= Junhui Wu =

Chinese military officer

Major General Junhui Wu is a Chinese military officer currently serving as Force Commander of the United Nations Mission in South Sudan (UNMISS) appointed by the United Nations Secretary-General António Guterres in March 2025 succeeding Lieutenant General Mohan Subramanian.

== Education ==
Wu earned a Bachelor of Arts degree in Command from Shijiazhuang Academy of Military Command, China and a master's degree in Military Science from National Defence University, China.

== Career ==
Wu, an Infantry officer of Chinese national army spent his early career on foreign missions; first as a military observer in United Nations Mission for the Referendum in Western Sahara from 1997 to 1998 and as deputy senior military observer in United Nations Organization Stabilization Mission in the Democratic Republic of the Congo (MONUSCO) from 2002 to 2003. In 2006, he was deployed as planning officer at the United Nations Headquarters in New York serving until 2008 when returned to China.

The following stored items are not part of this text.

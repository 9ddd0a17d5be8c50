-- ===== src/Submissions/Patch/Mitigated.antt =====
-- What the tests of a patch against the POVs of an entry tell, of `_check_all_povs_are_mitigated` in
-- orchestrator/src/buttercup/orchestrator/scheduler/submissions.py.
use buttercup.Prelude.{
  ◌≡◌, refl, Bool, true, false, Option, none, some, List, [], ◌∷◌, any, arith, ◌↔◌, inl, inr, subst,
  Bool-cases, if◌then◌else◌,
}
use buttercup.Prelude.All.{All}
use buttercup.Message.{PovReproduceResponse, SubmissionEntry, SubmissionEntryPatch}
use buttercup.Submissions.Env.{Env}
use buttercup.Submissions.Entry.{task_id}
use buttercup.Submissions.Patch.{
  is_failing_status, is_pending_status, all_mitigated, pov_reproduce_patch_status,
  check_all_povs_are_mitigated,
}
use buttercup.Submissions.Patch.Tested.{
  Mitigates, Crashes, IsOpen, Any, answers, povs_to_run, pov_reproduce_patch_status-answers,
}

-- What is told of the answers to the tests.
pub record Says (ss : List (Option PovReproduceResponse)) (told : Option Bool) : Type 0 where
  pub good : (told ≡ some true) ↔ All Mitigates ss
  pub bad : (told ≡ some false) ↔ Any Crashes ss
  pub unknown : (told ≡ none) ↔ ((Any Crashes ss → ⊥) × Any IsOpen ss)

crashing :
    (ss : List (Option PovReproduceResponse)) → any is_failing_status ss ≡ true → Any Crashes ss
crashing [] h = cc
crashing (none ∷ ss) h = inr (crashing ss h)
crashing (some r ∷ ss) h = elim (Bool-cases r.did_crash) [
  | inl e ↦ inl e
  | inr e ↦ inr (crashing ss (rw e at h))
]

not_crashing :
    (ss : List (Option PovReproduceResponse))
    → any is_failing_status ss ≡ false
    → Any Crashes ss
    → ⊥
not_crashing [] h a = a
not_crashing (none ∷ ss) h (inl a) = a
not_crashing (none ∷ ss) h (inr a) = not_crashing ss h a
not_crashing (some r ∷ ss) h (inl a) = ground arith
not_crashing (some r ∷ ss) h (inr a) = not_crashing ss (ground arith) a

pending :
    (ss : List (Option PovReproduceResponse)) → any is_pending_status ss ≡ true → Any IsOpen ss
pending [] h = cc
pending (none ∷ ss) h = inl tt
pending (some r ∷ ss) h = inr (pending ss h)

not_pending :
    (ss : List (Option PovReproduceResponse)) → any is_pending_status ss ≡ false → Any IsOpen ss → ⊥
not_pending [] h a = a
not_pending (none ∷ ss) h a = cc
not_pending (some r ∷ ss) h (inl a) = a
not_pending (some r ∷ ss) h (inr a) = not_pending ss h a

mitigating :
    (ss : List (Option PovReproduceResponse))
    → any is_failing_status ss ≡ false
    → any is_pending_status ss ≡ false
    → All Mitigates ss
mitigating [] f p = tt
mitigating (none ∷ ss) f p = cc
mitigating (some r ∷ ss) f p = (ground arith, mitigating ss (ground arith) p)

-- Where every test was passed, none crashed and none is pending.
passed_crash : (ss : List (Option PovReproduceResponse)) → All Mitigates ss → Any Crashes ss → ⊥
passed_crash [] h a = a
passed_crash (none ∷ ss) h a = h.0
passed_crash (some r ∷ ss) h (inl a) = cc
passed_crash (some r ∷ ss) h (inr a) = passed_crash ss h.1 a

passed_open : (ss : List (Option PovReproduceResponse)) → All Mitigates ss → Any IsOpen ss → ⊥
passed_open [] h a = a
passed_open (none ∷ ss) h a = h.0
passed_open (some r ∷ ss) h (inl a) = a
passed_open (some r ∷ ss) h (inr a) = passed_open ss h.1 a

says :
    (ss : List (Option PovReproduceResponse)) (f p : Bool)
    → any is_failing_status ss ≡ f
    → any is_pending_status ss ≡ p
    → Says ss (if f then some false else if p then none else some true)
says ss true p hf hp = record {
  good = (λ e. cc, λ h. absurd (passed_crash ss h (crashing ss hf)));
  bad = (λ e. crashing ss hf, λ a. refl);
  unknown = (λ e. cc, λ h. absurd (h.0 (crashing ss hf)));
}
says ss false true hf hp = record {
  good = (λ e. cc, λ h. absurd (passed_open ss h (pending ss hp)));
  bad = (λ e. cc, λ a. absurd (not_crashing ss hf a));
  unknown = (λ e. (not_crashing ss hf, pending ss hp), λ h. refl);
}
says ss false false hf hp = record {
  good = (λ e. mitigating ss hf hp, λ h. refl);
  bad = (λ e. cc, λ a. absurd (not_crashing ss hf a));
  unknown = (λ e. cc, λ h. absurd (not_pending ss hp h.1));
}

module _ (env : Env) where
  pub check_all_povs_are_mitigated_iff :
      (e : SubmissionEntry) (patch : SubmissionEntryPatch) (l : env.Local)
      → Says
          (answers env (task_id e) patch (povs_to_run e.crashes) l)
          (check_all_povs_are_mitigated env e patch l).0
  unfolding check_all_povs_are_mitigated all_mitigated
  check_all_povs_are_mitigated_iff e patch l =
      let statuses = (pov_reproduce_patch_status env patch e.crashes (task_id e) l).0 in
      subst (λ ss. Says ss (all_mitigated statuses))
        (pov_reproduce_patch_status-answers env patch e.crashes (task_id e) l)
        (says statuses (any is_failing_status statuses) (any is_pending_status statuses) refl refl)
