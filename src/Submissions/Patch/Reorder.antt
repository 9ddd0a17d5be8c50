-- ===== src/Submissions/Patch/Reorder.antt =====
-- `_reorder_patches_by_completion`: what it keeps, and the order that it brings about.
use buttercup.Prelude.{
  ◌≤◌, ◌<◌, ◌≡◌, refl, Bool, true, false, not, ◌&&◌, ◌||◌, none, some, List, [], ◌∷◌, ◌++◌, length,
  take, drop, filter, any, arith, inl, inr, Option-cases, get_elem?-none,
}
use buttercup.Prelude.Filters.{
  take-take_append, drop-take_append, drop_all, filter-append, filter-filter, reject, filter-reject,
  reject-filter, reject-reject, reject-append, filter-append-reject-perm,
}
use mathlib.Core.List.{Perm, append-nil}
use buttercup.Message.{SubmissionEntryPatch, SubmissionEntry}
use buttercup.Submissions.Entry.{current_patch}
use buttercup.Submissions.Patch.{has_content, reorder_patches_by_completion}

-- No patch with content stands behind one without.
abbrev pub completed_first : List SubmissionEntryPatch → Bool
completed_first [] = true
completed_first (p ∷ ps) = (has_content p || not (any has_content ps)) && completed_first ps

completed_first-reject :
    (ps : List SubmissionEntryPatch)
    → (any has_content (reject has_content ps) ≡ false)
      × (completed_first (reject has_content ps) ≡ true)
completed_first-reject [] = (refl, refl)
completed_first-reject (p ∷ ps) = ground (arith, completed_first-reject ps)

completed_first-split :
    (ps qs : List SubmissionEntryPatch)
    → completed_first qs ≡ true
    → completed_first (filter has_content ps ++ qs) ≡ true
completed_first-split [] qs h = h
completed_first-split (p ∷ ps) qs h = ground (arith, completed_first-split ps qs)

pub current_patch-none :
    (e : SubmissionEntry) → current_patch e ≡ none → length e.patches ≤ e.patch_idx
unfolding current_patch
current_patch-none e h = ground (arith, get_elem?-none e.patches e.patch_idx)

pub current_patch-lt :
    (e : SubmissionEntry) {p : SubmissionEntryPatch}
    → current_patch e ≡ some p
    → e.patch_idx < length e.patches
unfolding current_patch
current_patch-lt e h = ground arith

-- The patches behind `patch_idx`, those with content moved forward.
abbrev sorted_pending : SubmissionEntry → List SubmissionEntryPatch
sorted_pending e =
    let pending = drop e.patch_idx e.patches in
    filter has_content pending ++ reject has_content pending

pub take-reorder :
    (e : SubmissionEntry)
    → take e.patch_idx (reorder_patches_by_completion e).patches ≡ take e.patch_idx e.patches
unfolding reorder_patches_by_completion
take-reorder e = elim (Option-cases (current_patch e)) [
  | inl h ↦ rw (h, reorder_patches_by_completion)
  | inr (p, h) ↦
      rw (h, reorder_patches_by_completion)
        (take-take_append e.patch_idx e.patches (sorted_pending e)
          (omega (arith, current_patch-lt e h)))
]

pub drop-reorder :
    (e : SubmissionEntry)
    → drop e.patch_idx (reorder_patches_by_completion e).patches ≡ sorted_pending e
unfolding reorder_patches_by_completion
drop-reorder e = elim (Option-cases (current_patch e)) [
  | inl h ↦
      rw (h, reorder_patches_by_completion, drop_all e.patch_idx e.patches (current_patch-none e h))
  | inr (p, h) ↦
      rw (h, reorder_patches_by_completion)
        (drop-take_append e.patch_idx e.patches (sorted_pending e)
          (omega (arith, current_patch-lt e h)))
]

filter-sorted_pending :
    (ps : List SubmissionEntryPatch)
    → filter has_content (filter has_content ps ++ reject has_content ps) ≡ filter has_content ps
filter-sorted_pending ps =
    simp
      (filter-append has_content, filter-filter has_content, filter-reject has_content, append-nil)

reject-sorted_pending :
    (ps : List SubmissionEntryPatch)
    → reject has_content (filter has_content ps ++ reject has_content ps) ≡ reject has_content ps
reject-sorted_pending ps =
    simp (reject-append has_content, reject-filter has_content, reject-reject has_content)

-- The patches before `patch_idx` stay as they are. Those from there on are a permutation of what
-- stood there, in which no patch without content stands before one with content, and in which the
-- patches of each of the two kinds keep their order.
pub reorder_patches_by_completion-IsStable :
    (e : SubmissionEntry)
    → let pending = drop e.patch_idx e.patches in
      let reordered = drop e.patch_idx (reorder_patches_by_completion e).patches in
      (take e.patch_idx (reorder_patches_by_completion e).patches ≡ take e.patch_idx e.patches)
      × Perm reordered pending
      × (completed_first reordered ≡ true)
      × (filter has_content reordered ≡ filter has_content pending)
      × (reject has_content reordered ≡ reject has_content pending)
reorder_patches_by_completion-IsStable e =
    let pending = drop e.patch_idx e.patches in
    rw drop-reorder (
      take-reorder e,
      filter-append-reject-perm has_content pending,
      completed_first-split pending (reject has_content pending) (completed_first-reject pending).1,
      filter-sorted_pending pending,
      reject-sorted_pending pending,
    )

-- Nothing but the order of the patches changes.
module _ (e : SubmissionEntry) where
  pub crashes-reorder : (reorder_patches_by_completion e).crashes ≡ e.crashes
  unfolding reorder_patches_by_completion
  crashes-reorder = ground arith

  pub bundles-reorder : (reorder_patches_by_completion e).bundles ≡ e.bundles
  unfolding reorder_patches_by_completion
  bundles-reorder = ground arith

  pub patch_idx-reorder : (reorder_patches_by_completion e).patch_idx ≡ e.patch_idx
  unfolding reorder_patches_by_completion
  patch_idx-reorder = ground arith

  pub stop-reorder : (reorder_patches_by_completion e).stop ≡ e.stop
  unfolding reorder_patches_by_completion
  stop-reorder = ground arith
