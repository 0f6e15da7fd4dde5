-- ===== src/Agent/Reserve/Slots.antt =====
-- Each binding of a host is reserved at most once, and a reservation that is made can be looked up
-- and released.
use port_forge.Prelude.{
  ℕ, none, List, [], ◌∷◌, ◌++◌, Bool, false, ◌==◌, ◌≡◌, refl, arith, find?, any, update_first,
  eq_iff, any-append,
}
use port_forge.Agent.Records.{Reservation, Claim}
use port_forge.Central.Vocabulary.{protocol_eq_iff}
use port_forge.Agent.Evaluate.{is_for}
use port_forge.Agent.Reserve.{refresh, without}
use port_forge.Agent.Reserve.Ownership.{HasIds}

abbrev pub has_slot_of : Reservation → Reservation → Bool
has_slot_of r w = is_for r.host_id r.port r.protocol w

-- No two rows are for one binding.
abbrev pub HasSlots : List Reservation → Type 0
HasSlots [] = Unit
HasSlots (r ∷ rows) = (any (has_slot_of r) rows ≡ false) × HasSlots rows

pub find-any :
    (p : Reservation → Bool) (rows : List Reservation) → find? p rows ≡ none → any p rows ≡ false
find-any p [] e = refl
find-any p (r ∷ rows) e = ground (arith, find-any p rows)

has_slot_of-sym : (r w : Reservation) → has_slot_of r w ≡ has_slot_of w r
has_slot_of-sym r w = ground (
  arith,
  eq_iff r.host_id w.host_id,
  eq_iff w.host_id r.host_id,
  protocol_eq_iff r.protocol w.protocol,
  protocol_eq_iff w.protocol r.protocol,
)

pub HasSlots-append :
    (rows : List Reservation) (r : Reservation)
    → HasSlots rows
    → any (has_slot_of r) rows ≡ false
    → HasSlots (rows ++ r ∷ [])
HasSlots-append [] r k f = (refl, tt)
HasSlots-append (x ∷ rows) r k f = ground (
  arith,
  any-append (has_slot_of x) rows (r ∷ []),
  HasSlots-append rows r k.1,
  has_slot_of-sym x r,
)

pub HasIds-append :
    (rows : List Reservation) (r : Reservation)
    → HasIds rows
    → any (λ w. w.reservation_id == r.reservation_id) rows ≡ false
    → HasIds (rows ++ r ∷ [])
HasIds-append [] r k f = (refl, tt)
HasIds-append (x ∷ rows) r k f = ground (
  arith,
  any-append (λ w. w.reservation_id == x.reservation_id) rows (r ∷ []),
  HasIds-append rows r k.1,
)

module _ (c : Claim) (now : ℕ) (p : Reservation → Bool) where
  any_slot-update_first :
      (r : Reservation) (rows : List Reservation)
      → any (has_slot_of r) (update_first p (refresh c now) rows) ≡ any (has_slot_of r) rows
  any_slot-update_first r [] = refl
  any_slot-update_first r (x ∷ rows) = ground (arith, any_slot-update_first r rows)

  any_id-update_first :
      (k : ℕ) (rows : List Reservation)
      → any (λ w. w.reservation_id == k) (update_first p (refresh c now) rows)
        ≡ any (λ w. w.reservation_id == k) rows
  any_id-update_first k [] = refl
  any_id-update_first k (x ∷ rows) = ground (arith, any_id-update_first k rows)

  pub HasSlots-update_first :
      (rows : List Reservation) → HasSlots rows → HasSlots (update_first p (refresh c now) rows)
  HasSlots-update_first [] k = tt
  HasSlots-update_first (x ∷ rows) k =
      ground (arith, any_slot-update_first x rows, HasSlots-update_first rows k.1, k)

  pub HasIds-update_first :
      (rows : List Reservation) → HasIds rows → HasIds (update_first p (refresh c now) rows)
  HasIds-update_first [] k = tt
  HasIds-update_first (x ∷ rows) k =
      ground (arith, any_id-update_first x.reservation_id rows, HasIds-update_first rows k.1, k)

any-without :
    (p : Reservation → Bool) (id : ℕ) (rows : List Reservation)
    → any p rows ≡ false
    → any p (without id rows) ≡ false
any-without p id [] h = refl
any-without p id (r ∷ rows) h = ground (arith, any-without p id rows)

pub HasSlots-without :
    (id : ℕ) (rows : List Reservation) → HasSlots rows → HasSlots (without id rows)
HasSlots-without id [] k = tt
HasSlots-without id (r ∷ rows) k =
    ground (arith, any-without (has_slot_of r) id rows k.0, HasSlots-without id rows k.1)

pub HasIds-without : (id : ℕ) (rows : List Reservation) → HasIds rows → HasIds (without id rows)
HasIds-without id [] k = tt
HasIds-without id (r ∷ rows) k = ground (
  arith,
  any-without (λ w. w.reservation_id == r.reservation_id) id rows k.0,
  HasIds-without id rows k.1,
)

In 2009, he was appointed commanding Officer in the Mechanized Infantry Brigade and in 2010, served as Commanding Officer in the Mechanized Infantry Division until 2012 when he was appointed assistant director-general of the Peacekeeping Affairs Office at the Ministry of National Defense of China coordinating Chinese military participation in the United Nations peacekeeping operations. From 2014 to 2018, he served as defense Attaché in Syria and in Canada from 2018 to 2021.

In 2021, he was deployed to the Embassy of China in Germany as defense attaché coordinating diplomatic policies and bilateral military relations. Wu was appointed Force Commander of the United Nations Mission in South Sudan (UNMISS) by the United Nations Secretary-General António Guterres in March 2025.